What counts as Bristol?
We keep changing our minds but probably the Bristol Built-up Area. Again, this won’t become an issue for a while — there are plenty of obviously-in-Bristol pubs to tackle before we start worrying about marginal cases, but we do particularly want to tackle suburban pubs and those on the outskirts, while still finding some way to limit the challenge.

UPDATE 04.06.2023: Which are the best pubs you’ve visited?
Because this keeps coming up, we put together a guide to (in our opinion) the best pubs in Bristol. We’ve updated it several times to take account of changes and new discoveries.

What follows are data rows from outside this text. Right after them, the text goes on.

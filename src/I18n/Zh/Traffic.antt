-- ===== src/I18n/Zh/Traffic.antt =====
-- web/src/i18n/zh.ts, from `nodeScores.noMismatch` to `traffic.testFailed`.
use Prim.Native.String.{String}
use mihomo_cp.Prelude.{List, [], ◌∷◌}

abbrev pub zh_traffic : List (String × String)
zh_traffic =
    ("nodeScores.noMismatch", "无不匹配")
    ∷ ("nodeScores.rangeBadge", "邻近 IP")
    ∷ ("nodeScores.attempts", "尝试次数")
    ∷ ("nodeScores.noFlags", "未检出")
    ∷ ("nav.traffic", "流量")
    ∷ ("traffic.disabled", "已停用")
    ∷ ("traffic.cycle", "计费周期")
    ∷ ("traffic.resetDay", "每月刷新日")
    ∷ ("traffic.localCounted", "本地统计")
    ∷ ("traffic.vendorReported", "供应商上报")
    ∷ ("traffic.today", "今日用量")
    ∷ ("traffic.estDaysLeft", "预计可用")
    ∷ ("traffic.days", "天")
    ∷ ("traffic.topNodes", "本周期用量最高的节点")
    ∷ ("traffic.unassigned", "未归属")
    ∷ ("traffic.total", "合计")
    ∷ ("traffic.upload", "上传")
    ∷ ("traffic.download", "下载")
    ∷ ("traffic.dailyUsage", "每日流量（近 30 天）")
    ∷ ("traffic.unassignedNodes", "未归属任何供应商的节点（近 30 天）")
    ∷ ("traffic.alertSettings", "告警通知")
    ∷ ("traffic.alertChannel", "通知渠道")
    ∷ ("traffic.channelNone", "不通知（仅记录）")
    ∷ ("traffic.alertTarget", "目标 URL")
    ∷ ("traffic.alertThresholds", "告警阈值（配额百分比，逗号分隔）")
    ∷ ("traffic.testNotify", "发送测试")
    ∷ ("traffic.alertHint", "每个阈值在一个计费周期内只告警一次。每 5 分钟检查一次，用量取本地统计与供应商上报的较大值。")
    ∷ ("traffic.recentAlerts", "最近告警")
    ∷ ("traffic.noAlerts", "暂无告警")
    ∷ ("traffic.notNotified", "未送达")
    ∷ ("traffic.addProvider", "添加供应商")
    ∷ ("traffic.editProvider", "编辑供应商")
    ∷ ("traffic.noProviders", "尚未配置流量供应商，添加后开始统计配额。")
    ∷ ("traffic.quotaGB", "每月配额 (GB)")
    ∷ ("traffic.resetDayLabel", "刷新日 (1-31)")
    ∷ ("traffic.resetHour", "刷新时")
    ∷ ("traffic.resetMinute", "刷新分")
    ∷ ("traffic.resetTimezone", "刷新时区")
    ∷ ("traffic.resetTimezoneHint", "IANA 名称，如 Asia/Shanghai；留空表示使用服务器时区。")
    ∷ ("traffic.nodePatterns", "节点匹配模式")
    ∷ ("traffic.nodePatternsHint", "按节点名匹配的 glob 模式，逗号分隔，如 PS-*, HK-*")
    ∷ ("traffic.subscriptionUrl", "订阅链接（可选）")
    ∷ ("traffic.subscriptionUrlHint", "填写后每 30 分钟从订阅响应的 subscription-userinfo 头读取供应商侧真实用量。")
    ∷ ("traffic.enabled", "启用")
    ∷ ("traffic.loadFailed", "加载流量数据失败")
    ∷ ("traffic.saveFailed", "保存失败")
    ∷ ("traffic.formInvalid", "请正确填写名称、配额和刷新日")
    ∷ ("traffic.deleteConfirm", "确定删除该供应商？其告警记录和供应商用量快照也会一并删除。")
    ∷ ("traffic.settingsSaved", "告警设置已保存")
    ∷ ("traffic.testSent", "测试通知已发送")
    ∷ ("traffic.testFailed", "测试通知发送失败，请检查渠道和目标地址")
    ∷ []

9 replies on “Every Pub in Bristol: The First 100”

You must live right by me. I find it odd that you haven’t listed any of the pubs on King Street. Is this deliberate?

In terms of this specific blog post, it’s because we haven’t been to any of them more than once since we moved here in July. That’s what the list is, no more, no less.

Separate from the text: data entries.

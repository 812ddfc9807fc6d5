-- ===== src/I18n/Zh.antt =====
-- The dictionary `zh` of web/src/i18n/zh.ts, in the order of the source: the children hold its entries.
pub mod AppNav
pub mod ProxiesProxy
pub mod ProxyGroupsRules
pub mod SystemConfigPublish
pub mod Runtime
pub mod Settings
pub mod Subscriptions
pub mod Subscriptions2
pub mod NodeScores
pub mod Traffic
use Prim.Native.String.{String}
use mihomo_cp.Prelude.{List, [], ◌∷◌, ◌++◌}
use mihomo_cp.I18n.Zh.AppNav.{zh_app_nav}
use mihomo_cp.I18n.Zh.ProxiesProxy.{zh_proxies_proxy}
use mihomo_cp.I18n.Zh.ProxyGroupsRules.{zh_proxy_groups_rules}
use mihomo_cp.I18n.Zh.SystemConfigPublish.{zh_system_config_publish}
use mihomo_cp.I18n.Zh.Runtime.{zh_runtime}
use mihomo_cp.I18n.Zh.Settings.{zh_settings}
use mihomo_cp.I18n.Zh.Subscriptions.{zh_subscriptions}
use mihomo_cp.I18n.Zh.Subscriptions2.{zh_subscriptions_2}
use mihomo_cp.I18n.Zh.NodeScores.{zh_node_scores}
use mihomo_cp.I18n.Zh.Traffic.{zh_traffic}

-- The sections of the dictionary.
abbrev pub zh_sections : List (List (String × String))
zh_sections =
    zh_app_nav ∷ zh_proxies_proxy ∷ zh_proxy_groups_rules ∷ zh_system_config_publish ∷ zh_runtime
    ∷ zh_settings ∷ zh_subscriptions ∷ zh_subscriptions_2 ∷ zh_node_scores ∷ zh_traffic ∷ []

*Why* we haven’t been is I suppose the underlying question.

It must be partly because we went to them quite often between 2013-now so the novelty has worn off. The King Street run is great if you’re visiting town and staying in a central hotel (as we often were) but when you live here doesn’t feel quite as exciting.

But that doesn’t apply to the Grain Barge or Barley Mow which we do keep going back to so, hmm, let me try to put it in words.

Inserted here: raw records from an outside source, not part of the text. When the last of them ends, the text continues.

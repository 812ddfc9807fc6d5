-- ===== src/I18n.antt =====
-- Translation, web/src/i18n/index.ts: the two dictionaries, the stored locale, and the function `t` of
-- the hook `useT`, with its interpolation by `String.prototype.replaceAll`.
pub mod En
pub mod Zh
pub mod Parity
pub mod Interpolate
use Prim.Native.String.{String}
use text.Mathlib.Text.{◌==◌ as str_eq}
use mihomo_cp.Prelude.{
  ℕ, zero, suc, ◌-◌, ◌≡◌, refl, true, false, List, [], ◌∷◌, ◌++◌, Option, none, some, ◌or_else◌,
  ◌==◌, if◌then◌else◌, length, drop,
}
use mihomo_cp.Js.Text.{Text, codes, starts_with}
use mihomo_cp.I18n.En.{en_sections}
use mihomo_cp.I18n.Zh.{zh_sections}

pub data Locale : Type 0 where
  en zh : Locale

abbrev pub Dictionary : Type 0
Dictionary = List (String × String)

abbrev pub concat : List Dictionary → Dictionary
concat [] = []
concat (d ∷ ds) = d ++ concat ds

-- `translations[locale]`.
unfoldable pub translations : Locale → Dictionary
translations en = concat en_sections
translations zh = concat zh_sections

-- `dict[key]`.
unfoldable pub entry : Dictionary → String → Option String
entry [] key = none
entry ((k, v) ∷ rest) key = if str_eq k key then some v else entry rest key

-- GetSubstitution of ECMAScript, with no captures: `$$`, `$&`, the text before the match and the
-- text behind it; any other `$` stands for itself.
unfoldable pub expand : Text → Text → Text → Text → Text
expand matched before after [] = []
expand matched before after (c ∷ []) = c ∷ []
expand matched before after (c ∷ d ∷ rest) =
    let both = expand matched before after rest in
    let one = expand matched before after (d ∷ rest) in
    if c == b'$'
    then (if d == b'$'
        then b'$' ∷ both
        else if d == b'&'
        then matched ++ both
        else if d == 0x60
        then before ++ both
        else if d == 0x27
        then after ++ both
        else c ∷ one)
    else c ∷ one

-- `text.replaceAll(pattern, template)` for a pattern that is not empty: `skip` units of a match are
-- still to be passed over, and `before` is the text up to here.
unfoldable pub replace_from : Text → Text → ℕ → Text → Text → Text
unfolding expand starts_with
replace_from pattern template skip before [] = []
replace_from pattern template zero before (c ∷ s) = elim (starts_with (c ∷ s) pattern) [
  | true ↦
      expand pattern before (drop (length pattern) (c ∷ s)) template
      ++ replace_from pattern template (length pattern - 1) (before ++ c ∷ []) s
  | false ↦ c ∷ replace_from pattern template zero (before ++ c ∷ []) s
]
replace_from pattern template (suc skip) before (c ∷ s) =
    replace_from pattern template skip (before ++ c ∷ []) s

unfoldable pub replace_all : Text → Text → Text → Text
unfolding replace_from
replace_all text pattern template = replace_from pattern template zero [] text

-- The placeholder `{${k}}`.
abbrev pub placeholder : Text → Text
placeholder k = b'{' ∷ (k ++ b'}' ∷ [])

-- The loop over `Object.entries(params)`, with each value as `String(v)`.
unfoldable pub interpolate : List (Text × Text) → Text → Text
unfolding replace_all
interpolate [] text = text
interpolate ((k, v) ∷ params) text = interpolate params (replace_all text (placeholder k) v)

abbrev pub text_or_key : Option String → String → Text
text_or_key none key = codes key
text_or_key (some text) key = codes text

-- `t(key, params)`; no parameters are the empty list.
unfoldable pub translate : Locale → String → List (Text × Text) → Text
unfolding entry translations interpolate
translate locale key params =
    interpolate params
      (text_or_key (entry (translations locale) key or_else entry (translations en) key) key)

greeting :
    translate zh "proxies.deleteConfirm" ((codes "name", codes "A") ∷ [])
    ≡ codes "确定要删除 \"A\" 吗？此操作不可撤销。"
unfolding translate
greeting = refl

Our last trip to Small Bar was a bit of a wash out — none of the beer on offer really thrilled us and we ended up perched on uncomfortable seats near the bogs struggling to get through what we did order.

And the FRNV, which I guess is the other big hitter, seems to be either so busy we can’t get to the bar or unnervingly cold and quiet. Needs some sort of surgery to fix its atmosphere.

We like pubby pubs, more now than ever, rather than bars. BrewDog, one of few out-and-out craft places we have visited repeatedly, is relatively cosy, if not exactly pub-like.

Fair enough. I would have thought the King William Ale House would be up your street. Have you been to the Bag of Nails yet?

The King William is OK and we’ve been a few times, but only once since moving here. We had fun that time but, again, it tends to be either rammed with stag parties or a bit desolate. It’s a particular problem with those central locations, I think.

We have been to the Bag of Nails but only once since moving here. Here’s what we wrote a few years ago. To be honest, though, I don’t much care for cats so while I understand that’s a draw for some people, it really puts me off.

Hello both, its a long time since I went drinking in Bristol nut on the three occasions I have I really enjoyed it. Although this is therefore a decade out of date question, have you ever been to the Mrytle Tree round the corner from the Bag o Nails, which used to have a Wadworths sign and livery, is it still open, and does it still serve bass from the cask? Me and WF went in on our first rip to Bristol and have been back twice. It was, then, a proper traditional boozer selling inexpensive Bass from he barrel. Not making any promises though!

That would seem to support the c.450 number in the area we’re covering. (My parents have a BS postcode but live in a village miles away in Somerset.)

The Aviator (Chandos Road) is nice, craft so no foaming pints of brown bitter, (sadly), but some great beer nonetheless and a friendly, chilled vibe.